Exercise directions: From the first line of the material through the line containing "pub hard_stop_tokens : ℕ", restate everything word for word and nothing more.

*** Opening of Input data ***

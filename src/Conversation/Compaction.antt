-- ===== src/Conversation/Compaction.antt =====
-- core/conversation/compaction.py with model/agent/context_compactions.py: older items become a
-- summary. The products of the context window with the ratios of the configuration, which are
-- floats, and the summary of the model are arguments. Log lines are left out.
pub mod Storage
pub mod Groups
pub mod Rounds
pub mod Outcome
pub mod Stored
use zj_cyber_workbench.Prelude.{
  leb, if◌then◌else◌, string_eq, ◌==◌, nat_eq, not, ◌&&◌, length, contains, ℕ, zero, suc, ◌+◌, ◌-◌,
  min, max, String, Bool, Option, none, some, List, [], ◌∷◌, ◌++◌,
}
use zj_cyber_workbench.Json.{Json}
use zj_cyber_workbench.Conversation.Projection.{ProjectedItem}
use zj_cyber_workbench.Conversation.Budget.{has_no, set_remove}
use mathlib.Core.List.{reverse}

pub record CompactionScope : Type 0 where
  pub session_id : String
  pub viewer_agent_code : String
  pub scope_nested_for : String
  pub scope_nested_call_id : String

-- The settings of the runtime, for one context window: `int(context_window * ratio)` for each ratio.
pub record CompactionConfig : Type 0 where
  pub enabled : Bool
  pub window : ℕ
  pub trigger_tokens : ℕ
  pub hard_stop_tokens : ℕ
  pub target_tokens : ℕ
  pub preserve_tokens : ℕ
  pub preserve_recent_items : ℕ
  pub min_items : ℕ
  pub summary_max_tokens : ℕ

pub record CompactionDecision : Type 0 where
  pub should_compact : Bool
  pub decided_projected_tokens : ℕ
  pub decided_window : ℕ
  pub decided_trigger_tokens : ℕ
  pub decided_target_tokens : ℕ

pub record ContextCompaction : Type 0 where
  pub id : ℕ
  pub scope : CompactionScope
  pub start_message_id : ℕ
  pub end_message_id : ℕ
  pub summary_item : Json
  pub source_item_count : ℕ
  pub source_token_estimate : ℕ
  pub summary_token_estimate : ℕ

-- The table, and the scopes whose lock is held.
pub record CompactionState : Type 0 where
  pub rows : List ContextCompaction
  pub locked : List CompactionScope

unfoldable pub same_scope : CompactionScope → CompactionScope → Bool
same_scope a b =
    a.session_id == b.session_id
    && a.viewer_agent_code == b.viewer_agent_code
    && a.scope_nested_for == b.scope_nested_for
    && a.scope_nested_call_id == b.scope_nested_call_id

-- `open_atomic_groups`: a group opens with its first item and closes with the next.
unfoldable pub toggle_group : String → List String → List String
toggle_group group groups =
    if group == ""
    then groups
    else if contains groups group
    then set_remove group groups
    else group ∷ groups

-- The first loop: how many of the reversed items are preserved.
unfoldable pub preserved_count : CompactionConfig → List ProjectedItem → (preserved tokens : ℕ) → ℕ
preserved_count cfg [] preserved tokens = preserved
preserved_count cfg (item ∷ older) preserved tokens =
    let rest = preserved_count cfg older (preserved + 1) (tokens + item.token_estimate) in
    if leb cfg.preserve_recent_items preserved && leb cfg.preserve_tokens tokens
    then preserved
    else rest

-- The variables of the second loop; `complete` is `last_complete_index + 1`.
pub record Candidates : Type 0 where
  pub candidates : List ProjectedItem
  pub removed_tokens : ℕ
  pub open_groups : List String
  pub complete : ℕ

abbrev pub no_candidates : Candidates
no_candidates = record { candidates = []; removed_tokens = 0; open_groups = []; complete = 0 }

unfoldable pub add_candidate : CompactionConfig → ProjectedItem → Candidates → Candidates
add_candidate cfg item c =
    let added = c.candidates ++ (item ∷ []) in
    let groups = toggle_group item.atomic_group c.open_groups in
    record {
      candidates = added;
      removed_tokens = c.removed_tokens + item.token_estimate;
      open_groups = groups;
      complete =
          if has_no groups && leb cfg.min_items (length added) then length added else c.complete;
    }

-- `projected - removed + summary <= target`, where the difference may be negative.
unfoldable pub reaches_target : CompactionConfig → (projected_tokens : ℕ) → Candidates → Bool
reaches_target cfg projected_tokens c =
    leb (projected_tokens + cfg.summary_max_tokens) (cfg.target_tokens + c.removed_tokens)
    && leb cfg.min_items (length c.candidates)
    && has_no c.open_groups

abbrev pub take {ℓ} : {A : Type ℓ} → ℕ → List A → List A
take zero xs = []
take (suc n) [] = []
take (suc n) (x ∷ xs) = x ∷ take n xs

abbrev pub end_candidates : Candidates → List ProjectedItem
end_candidates c = if has_no c.open_groups then c.candidates else take c.complete c.candidates

-- The second loop, over the items that are not preserved.
unfoldable pub collect :
    CompactionConfig → (projected_tokens : ℕ) → List ProjectedItem → Candidates → List ProjectedItem
collect cfg projected_tokens [] c = end_candidates c
collect cfg projected_tokens (item ∷ items) c =
    let added = add_candidate cfg item c in
    let next = if has_no item.source_message_ids then c else added in
    let rest = collect cfg projected_tokens items next in
    if not (has_no item.source_message_ids) && reaches_target cfg projected_tokens added
    then added.candidates
    else rest

unfoldable pub select_compaction_candidates :
    CompactionConfig → (projected_tokens : ℕ) → List ProjectedItem → List ProjectedItem
select_compaction_candidates cfg projected_tokens items =
    let compact_count = length items - preserved_count cfg (reverse items) 0 0 in
    if compact_count == 0
    then []
    else collect cfg projected_tokens (take compact_count items) no_candidates

unfoldable pub candidate_ids : List ProjectedItem → List ℕ
candidate_ids [] = []
candidate_ids (item ∷ items) = item.source_message_ids ++ candidate_ids items

abbrev pub max_of : List ℕ → ℕ
max_of [] = 0
max_of (id ∷ ids) = max id (max_of ids)

abbrev pub min_of : ℕ → List ℕ → ℕ
min_of id [] = id
min_of id (next ∷ ids) = min id (min_of next ids)

abbrev pub max_id : List ℕ → Option ℕ
max_id [] = none
max_id (id ∷ ids) = some (max_of (id ∷ ids))

abbrev pub min_id : List ℕ → Option ℕ
min_id [] = none
min_id (id ∷ ids) = some (min_of id ids)

unfoldable pub candidate_end_message_id : List ProjectedItem → Option ℕ
candidate_end_message_id items = max_id (candidate_ids items)

unfoldable pub candidate_start_message_id : List ProjectedItem → Option ℕ
candidate_start_message_id items = min_id (candidate_ids items)
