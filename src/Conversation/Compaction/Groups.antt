-- ===== src/Conversation/Compaction/Groups.antt =====
-- core/conversation/compaction.py: which items are compacted.
use zj_cyber_workbench.Prelude.{
  Bool-cases, string_eq, ◌==◌, nat_eq, not, length, filter, length-append, ℕ, zero, suc, ◌+◌, ◌-◌,
  ◌≤◌, min, String, ◌≡◌, refl, sym, ap, ◌∙◌, inl, inr, Bool, true, List, [], ◌∷◌, ◌++◌, arith,
}
use zj_cyber_workbench.Conversation.Projection.{ProjectedItem}
use zj_cyber_workbench.Conversation.Budget.{has_no}
use zj_cyber_workbench.Conversation.Compaction.{
  CompactionConfig, toggle_group, preserved_count, Candidates, no_candidates, add_candidate,
  reaches_target, take, end_candidates, collect, select_compaction_candidates,
}
use mathlib.Core.List.{append_assoc, append-nil, reverse, reverse-cons}

-- The groups that are open behind some items.
abbrev pub groups_after : List String → List ProjectedItem → List String
groups_after groups [] = groups
groups_after groups (item ∷ items) = groups_after (toggle_group item.atomic_group groups) items

abbrev pub is_sourced : ProjectedItem → Bool
is_sourced item = not (has_no item.source_message_ids)

groups_after-append :
    (groups : List String) (items : List ProjectedItem) (item : ProjectedItem)
    → groups_after groups (items ++ (item ∷ []))
      ≡ toggle_group item.atomic_group (groups_after groups items)
groups_after-append groups [] item = refl
groups_after-append groups (i ∷ items) item =
    groups_after-append (toggle_group i.atomic_group groups) items item

take-append :
    (n : ℕ) (items more : List ProjectedItem)
    → n ≤ length items
    → take n (items ++ more) ≡ take n items
take-append zero items more h = refl
take-append (suc n) [] more h = absurd (omega (arith, h))
take-append (suc n) (i ∷ items) more h =
    ap (λ r. i ∷ r) (take-append n items more (omega (arith, h)))

take-all : (items : List ProjectedItem) → take (length items) items ≡ items
take-all [] = refl
take-all (i ∷ items) = ap (λ r. i ∷ r) (take-all items)

take-split :
    (n : ℕ) (items : List ProjectedItem)
    → (rest : List ProjectedItem) × (items ≡ take n items ++ rest)
take-split zero items = (items, refl)
take-split (suc n) [] = ([], refl)
take-split (suc n) (i ∷ items) =
    let split = take-split n items in (split.0, ap (λ r. i ∷ r) split.1)

-- What the second loop keeps between two items.
pub record IsCollected (c : Candidates) : Type 0 where
  pub groups : c.open_groups ≡ groups_after [] c.candidates
  pub closed : groups_after [] (take c.complete c.candidates) ≡ []
  pub complete_le : c.complete ≤ length c.candidates

nil_of_has_no : (groups : List String) → has_no groups ≡ true → groups ≡ []
nil_of_has_no [] h = refl
nil_of_has_no (g ∷ groups) h = cc

add_candidate-IsCollected :
    (cfg : CompactionConfig) (item : ProjectedItem) (c : Candidates)
    → IsCollected c
    → IsCollected (add_candidate cfg item c)
unfolding add_candidate
add_candidate-IsCollected cfg item c h =
    let added = c.candidates ++ (item ∷ []) in
    let e = groups_after-append [] c.candidates item in
    record {
      groups = sym (e ∙ ap (toggle_group item.atomic_group) (sym h.groups));
      closed = ground (
        arith,
        e,
        h.groups,
        h.closed,
        take-all added,
        take-append c.complete c.candidates (item ∷ []) h.complete_le,
        nil_of_has_no (toggle_group item.atomic_group c.open_groups),
      );
      complete_le = ground (arith, h.complete_le, length-append c.candidates (item ∷ []));
    }

end_candidates-closed : (c : Candidates) → IsCollected c → groups_after [] (end_candidates c) ≡ []
end_candidates-closed c h = ground (arith, h.groups, h.closed, nil_of_has_no c.open_groups)

collect-closed :
    (cfg : CompactionConfig) (projected_tokens : ℕ) (items : List ProjectedItem) (c : Candidates)
    → IsCollected c
    → groups_after [] (collect cfg projected_tokens items c) ≡ []
unfolding collect reaches_target
collect-closed cfg projected_tokens [] c h = end_candidates-closed c h
collect-closed cfg projected_tokens (item ∷ items) c h =
    let added = add_candidate-IsCollected cfg item c h in
    elim (Bool-cases (has_no item.source_message_ids)) [
      | inl e ↦ rw e (collect-closed cfg projected_tokens items c h)
      | inr e ↦ ground (
        arith,
        e,
        added.groups,
        nil_of_has_no (add_candidate cfg item c).open_groups,
        collect-closed cfg projected_tokens items (add_candidate cfg item c) added,
      )
    ]

-- The candidates so far, and the items that may still join them, begin with the result.
abbrev Begins : List ProjectedItem → List ProjectedItem → Type 0
Begins whole result = (rest : List ProjectedItem) × (whole ≡ result ++ rest)

end_candidates-Begins : (c : Candidates) → Begins c.candidates (end_candidates c)
end_candidates-Begins c = elim (Bool-cases (has_no c.open_groups)) [
  | inl e ↦ ([], rw e (sym (append-nil c.candidates)))
  | inr e ↦ let split = take-split c.complete c.candidates in (split.0, rw e split.1)
]

add_candidate-candidates :
    (cfg : CompactionConfig) (item : ProjectedItem) (c : Candidates)
    → (add_candidate cfg item c).candidates ≡ c.candidates ++ (item ∷ [])
unfolding add_candidate
add_candidate-candidates cfg item c = refl

collect-Begins :
    (cfg : CompactionConfig) (projected_tokens : ℕ) (items : List ProjectedItem) (c : Candidates)
    → Begins (c.candidates ++ filter is_sourced items) (collect cfg projected_tokens items c)
unfolding collect filter
collect-Begins cfg projected_tokens [] c =
    let e = end_candidates-Begins c in (e.0, append-nil c.candidates ∙ e.1)
collect-Begins cfg projected_tokens (item ∷ items) c =
    let added = add_candidate cfg item c in
    let joins : c.candidates ++ (item ∷ filter is_sourced items)
        ≡ added.candidates ++ filter is_sourced items =
      sym (append_assoc c.candidates (item ∷ []) (filter is_sourced items))
      ∙ sym (ap (λ r. r ++ filter is_sourced items) (add_candidate-candidates cfg item c)) in
    elim (Bool-cases (has_no item.source_message_ids)) [
      | inl e ↦ let ih = collect-Begins cfg projected_tokens items c in (ih.0, rw e ih.1)
      | inr e ↦ elim (Bool-cases (reaches_target cfg projected_tokens added)) [
        | inl f ↦ (filter is_sourced items, rw e (rw f joins))
        | inr f ↦
            let ih = collect-Begins cfg projected_tokens items added in
            (ih.0, rw e (rw f (joins ∙ ih.1)))
      ]
    ]

length-reverse : (items : List ProjectedItem) → length (reverse items) ≡ length items
length-reverse [] = refl
length-reverse (i ∷ items) =
    ap length (reverse-cons i items)
    ∙ omega (arith, length-append (reverse items) (i ∷ []), length-reverse items)

preserved_count_bounds :
    (cfg : CompactionConfig) (back : List ProjectedItem) (preserved tokens : ℕ)
    → (min cfg.preserve_recent_items (preserved + length back)
        ≤ preserved_count cfg back preserved tokens)
      × (preserved_count cfg back preserved tokens ≤ preserved + length back)
unfolding preserved_count
preserved_count_bounds cfg [] preserved tokens = ground arith
preserved_count_bounds cfg (item ∷ back) preserved tokens =
    ground (arith, preserved_count_bounds cfg back (preserved + 1) (tokens + item.token_estimate))

-- `result` is the beginning of the items that are not preserved, less those without a source.
pub record IsSelection (cfg : CompactionConfig) (items result : List ProjectedItem) : Type 0 where
  pub compacted : ℕ
  pub rest : List ProjectedItem
  pub recent_kept : compacted + min cfg.preserve_recent_items (length items) ≤ length items
  pub prefix : filter is_sourced (take compacted items) ≡ result ++ rest

-- They are the oldest items, and the configured number of recent items is not among them.
pub select_compaction_candidates-IsSelection :
    (cfg : CompactionConfig) (projected_tokens : ℕ) (items : List ProjectedItem)
    → IsSelection cfg items (select_compaction_candidates cfg projected_tokens items)
unfolding select_compaction_candidates filter
select_compaction_candidates-IsSelection cfg projected_tokens items =
    let kept = preserved_count cfg (reverse items) 0 0 in
    let bounds = preserved_count_bounds cfg (reverse items) 0 0 in
    let begins =
      collect-Begins cfg projected_tokens (take (length items - kept) items) no_candidates in
    elim (Bool-cases (length items - kept == 0)) [
      | inl e ↦
          rw e (record { compacted = 0; rest = []; recent_kept = ground arith; prefix = refl })
      | inr e ↦ rw e (record {
        compacted = length items - kept;
        rest = begins.0;
        recent_kept = ground (arith, bounds, length-reverse items);
        prefix = begins.1;
      })
    ]

pub select_compaction_candidates-closed :
    (cfg : CompactionConfig) (projected_tokens : ℕ) (items : List ProjectedItem)
    → groups_after [] (select_compaction_candidates cfg projected_tokens items) ≡ []
unfolding select_compaction_candidates
select_compaction_candidates-closed cfg projected_tokens items =
    let kept = preserved_count cfg (reverse items) 0 0 in
    let collected =
      collect-closed cfg projected_tokens (take (length items - kept) items) no_candidates
        (record { groups = refl; closed = refl; complete_le = omega arith }) in
    elim (Bool-cases (length items - kept == 0)) [ inl e ↦ rw e refl | inr e ↦ rw e collected ]
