-- ===== src/Conversation/Compaction/Storage.antt =====
-- core/conversation/compaction.py: the decision to compact, with the store of summaries and the
-- locks. What the model answers to the request for a summary is an argument.
use zj_cyber_workbench.Prelude.{
  ltb, leb, if◌then◌else◌, string_eq, ◌==◌, nat_eq, not, ◌&&◌, ◌||◌, length, filter, any, ℕ, zero,
  suc, ◌+◌, String, Bool, true, false, Option, none, some, map_option, List, [], ◌∷◌, ◌++◌, map,
}
use zj_cyber_workbench.Json.{Json, text, array, object, nil, cons, end, field}
use zj_cyber_workbench.Conversation.Formats.{
  TextLibrary, context_summary_item_id, format_context_summary,
}
use zj_cyber_workbench.Conversation.Projection.{ProjectionCompaction, ProjectedItem}
use zj_cyber_workbench.Conversation.Tokens.{estimate_items_tokens}
use zj_cyber_workbench.Conversation.Compaction.{
  CompactionScope, CompactionConfig, CompactionDecision, ContextCompaction, CompactionState,
  same_scope, select_compaction_candidates, candidate_end_message_id, candidate_start_message_id,
}

-- The call of the model raised an exception, or returned a text.
pub data Summary : Type 0 where
  exception : Summary
  answer : String → Summary

pub data Compacted : Type 0 where
  decided : CompactionDecision → Compacted
  hard_stop : Compacted

abbrev pub token_or : ℕ → ℕ → ℕ
token_or zero estimate = estimate
token_or (suc n) estimate = suc n

abbrev pub sum_tokens : List ProjectedItem → ℕ
sum_tokens [] = 0
sum_tokens (item ∷ items) = item.token_estimate + sum_tokens items

-- `_raise_if_hard_stop`
unfoldable pub is_hard_stop : (projected_tokens hard_stop_tokens : ℕ) → Bool
is_hard_stop projected_tokens hard_stop_tokens =
    ltb 0 hard_stop_tokens && leb hard_stop_tokens projected_tokens

unfoldable pub is_locked : CompactionScope → List CompactionScope → Bool
is_locked scope locked = any (same_scope scope) locked

-- `none` is a lock that somebody holds.
unfoldable pub try_lock_compaction :
    CompactionScope → List CompactionScope → Option (List CompactionScope)
try_lock_compaction scope locked = if is_locked scope locked then none else some (scope ∷ locked)

unfoldable pub unlock_compaction : CompactionScope → List CompactionScope → List CompactionScope
unlock_compaction scope locked = filter (λ s. not (same_scope scope s)) locked

abbrev pub of_scope : CompactionScope → ContextCompaction → Bool
of_scope scope row = same_scope row.scope scope

-- `_store_compaction`: the row of the scope is replaced.
unfoldable pub store_compaction :
    ContextCompaction → List ContextCompaction → List ContextCompaction
store_compaction row rows = filter (λ r. not (of_scope row.scope r)) rows ++ (row ∷ [])

-- `ORDER BY end_message_id DESC, id DESC`
abbrev pub is_later : ContextCompaction → ContextCompaction → Bool
is_later a b =
    ltb b.end_message_id a.end_message_id || (a.end_message_id == b.end_message_id && leb b.id a.id)

abbrev pub latest_of : ContextCompaction → Option ContextCompaction → ContextCompaction
latest_of row none = row
latest_of row (some best) = if is_later row best then row else best

unfoldable pub latest_row : List ContextCompaction → Option ContextCompaction
latest_row [] = none
latest_row (row ∷ rows) = some (latest_of row (latest_row rows))

abbrev pub compaction_of : ContextCompaction → ProjectionCompaction
compaction_of row = record {
  id = row.id;
  start_message_id = row.start_message_id;
  end_message_id = row.end_message_id;
  summary_item = row.summary_item;
}

unfoldable pub get_latest_compaction :
    CompactionScope → List ContextCompaction → Option ProjectionCompaction
get_latest_compaction scope rows =
    map_option compaction_of (latest_row (filter (of_scope scope) rows))

abbrev pub decision : CompactionConfig → Bool → ℕ → CompactionDecision
decision cfg should_compact projected_tokens = record {
  should_compact = should_compact;
  decided_projected_tokens = projected_tokens;
  decided_window = cfg.window;
  decided_trigger_tokens = cfg.trigger_tokens;
  decided_target_tokens = cfg.target_tokens;
}

-- The row is written under the lock of its scope, or not at all if somebody holds this.
unfoldable pub store_locked :
    CompactionConfig
    → (projected_tokens : ℕ) → ContextCompaction
    → Option (List CompactionScope)
    → CompactionState
    → Compacted × CompactionState
store_locked cfg projected_tokens row none st = (decided (decision cfg false projected_tokens), st)
store_locked cfg projected_tokens row (some locked) st = (
  decided (decision cfg true projected_tokens),
  record { rows = store_compaction row st.rows; locked = unlock_compaction row.scope locked },
)

module _ (count : Json → ℕ) where
  unfoldable pub with_estimate : ProjectedItem → ProjectedItem
  with_estimate item = record item {
    token_estimate = token_or item.token_estimate (estimate_items_tokens count (item.item ∷ []));
  }

  unfoldable pub estimate_projection_tokens : List ProjectedItem → List ProjectedItem
  estimate_projection_tokens items = map with_estimate items

  unfoldable pub projected_tokens_of : List ProjectedItem → (incoming : List Json) → ℕ
  projected_tokens_of items incoming =
      sum_tokens (estimate_projection_tokens items) + estimate_items_tokens count incoming

module _ (lib : TextLibrary) (count : Json → ℕ) where
  unfoldable pub summary_item_of : String → Json
  summary_item_of summary_text = object (
      field "id" (text context_summary_item_id) (
        field "type" (text "message") (
          field "role" (text "user") (
            field "content"
              (array (
                cons
                  (object (
                    field "type" (text "input_text")
                      (field "text" (text (format_context_summary lib summary_text)) end)))
                  nil))
              end))))

  abbrev pub compaction_row :
      CompactionScope → (id start end_id : ℕ) → List ProjectedItem → String → ContextCompaction
  compaction_row scope id start end_id candidates summary_text = record {
    id = id;
    scope = scope;
    start_message_id = start;
    end_message_id = end_id;
    summary_item = summary_item_of summary_text;
    source_item_count = length candidates;
    source_token_estimate = sum_tokens candidates;
    summary_token_estimate = estimate_items_tokens count (summary_item_of summary_text ∷ []);
  }

  -- From the answer of the model on.
  unfoldable pub with_summary :
      CompactionConfig
      → CompactionScope
      → (id start end_id projected_tokens : ℕ) → List ProjectedItem
      → Summary
      → CompactionState
      → Compacted × CompactionState
  with_summary cfg scope id start end_id projected_tokens candidates exception st =
      if is_hard_stop projected_tokens cfg.hard_stop_tokens
      then (hard_stop, st)
      else (decided (decision cfg false projected_tokens), st)
  with_summary cfg scope id start end_id projected_tokens candidates (answer t) st =
      if lib.strip t == ""
      then (if is_hard_stop projected_tokens cfg.hard_stop_tokens
          then (hard_stop, st)
          else (decided (decision cfg false projected_tokens), st))
      else store_locked cfg projected_tokens (compaction_row scope id start end_id candidates t)
          (try_lock_compaction scope st.locked) st

  -- The candidates have ids, and are enough.
  unfoldable pub with_candidates :
      CompactionConfig
      → CompactionScope
      → (id projected_tokens : ℕ) → List ProjectedItem
      → (start end_id : Option ℕ) → Summary
      → CompactionState
      → Compacted × CompactionState
  with_candidates cfg scope id projected_tokens candidates (some start) (some end_id) summary st =
      if ltb (length candidates) cfg.min_items
      then (decided (decision cfg false projected_tokens), st)
      else with_summary cfg scope id start end_id projected_tokens candidates summary st
  with_candidates cfg scope id projected_tokens candidates _ _ summary st =
      (decided (decision cfg false projected_tokens), st)

  unfoldable pub compact_if_needed :
      CompactionConfig
      → CompactionScope
      → (id : ℕ) → List ProjectedItem
      → (incoming : List Json) → Summary
      → CompactionState
      → Compacted × CompactionState
  compact_if_needed cfg scope id items incoming summary st =
      let estimated = estimate_projection_tokens count items in
      let projected_tokens = projected_tokens_of count items incoming in
      let candidates = select_compaction_candidates cfg projected_tokens estimated in
      if not cfg.enabled || cfg.window == 0
      then (
        decided (record (decision cfg false 0) {
          decided_trigger_tokens = 0;
          decided_target_tokens = 0;
        }),
        st,
      )
      else if ltb projected_tokens cfg.trigger_tokens
      then (decided (decision cfg false projected_tokens), st)
      else with_candidates cfg scope id projected_tokens candidates
          (candidate_start_message_id candidates) (candidate_end_message_id candidates) summary st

*** Close of Input data ***

Result for this exercise:
filename src/Conversation/Compaction.antt
-- ===== src/Conversation/Compaction.antt =====
-- core/conversation/compaction.py with model/agent/context_compactions.py: older items become a
-- summary. The products of the context window with the ratios of the configuration, which are
-- floats, and the summary of the model are arguments. Log lines are left out.
pub mod Storage
pub mod Groups
pub mod Rounds
pub mod Outcome
pub mod Stored
use zj_cyber_workbench.Prelude.{
  leb, if◌then◌else◌, string_eq, ◌==◌, nat_eq, not, ◌&&◌, length, contains, ℕ, zero, suc, ◌+◌, ◌-◌,
  min, max, String, Bool, Option, none, some, List, [], ◌∷◌, ◌++◌,
}
use zj_cyber_workbench.Json.{Json}
use zj_cyber_workbench.Conversation.Projection.{ProjectedItem}
use zj_cyber_workbench.Conversation.Budget.{has_no, set_remove}
use mathlib.Core.List.{reverse}

pub record CompactionScope : Type 0 where
  pub session_id : String
  pub viewer_agent_code : String
  pub scope_nested_for : String
  pub scope_nested_call_id : String

-- The settings of the runtime, for one context window: `int(context_window * ratio)` for each ratio.
pub record CompactionConfig : Type 0 where
  pub enabled : Bool
  pub window : ℕ
  pub trigger_tokens : ℕ
  pub hard_stop_tokens : ℕ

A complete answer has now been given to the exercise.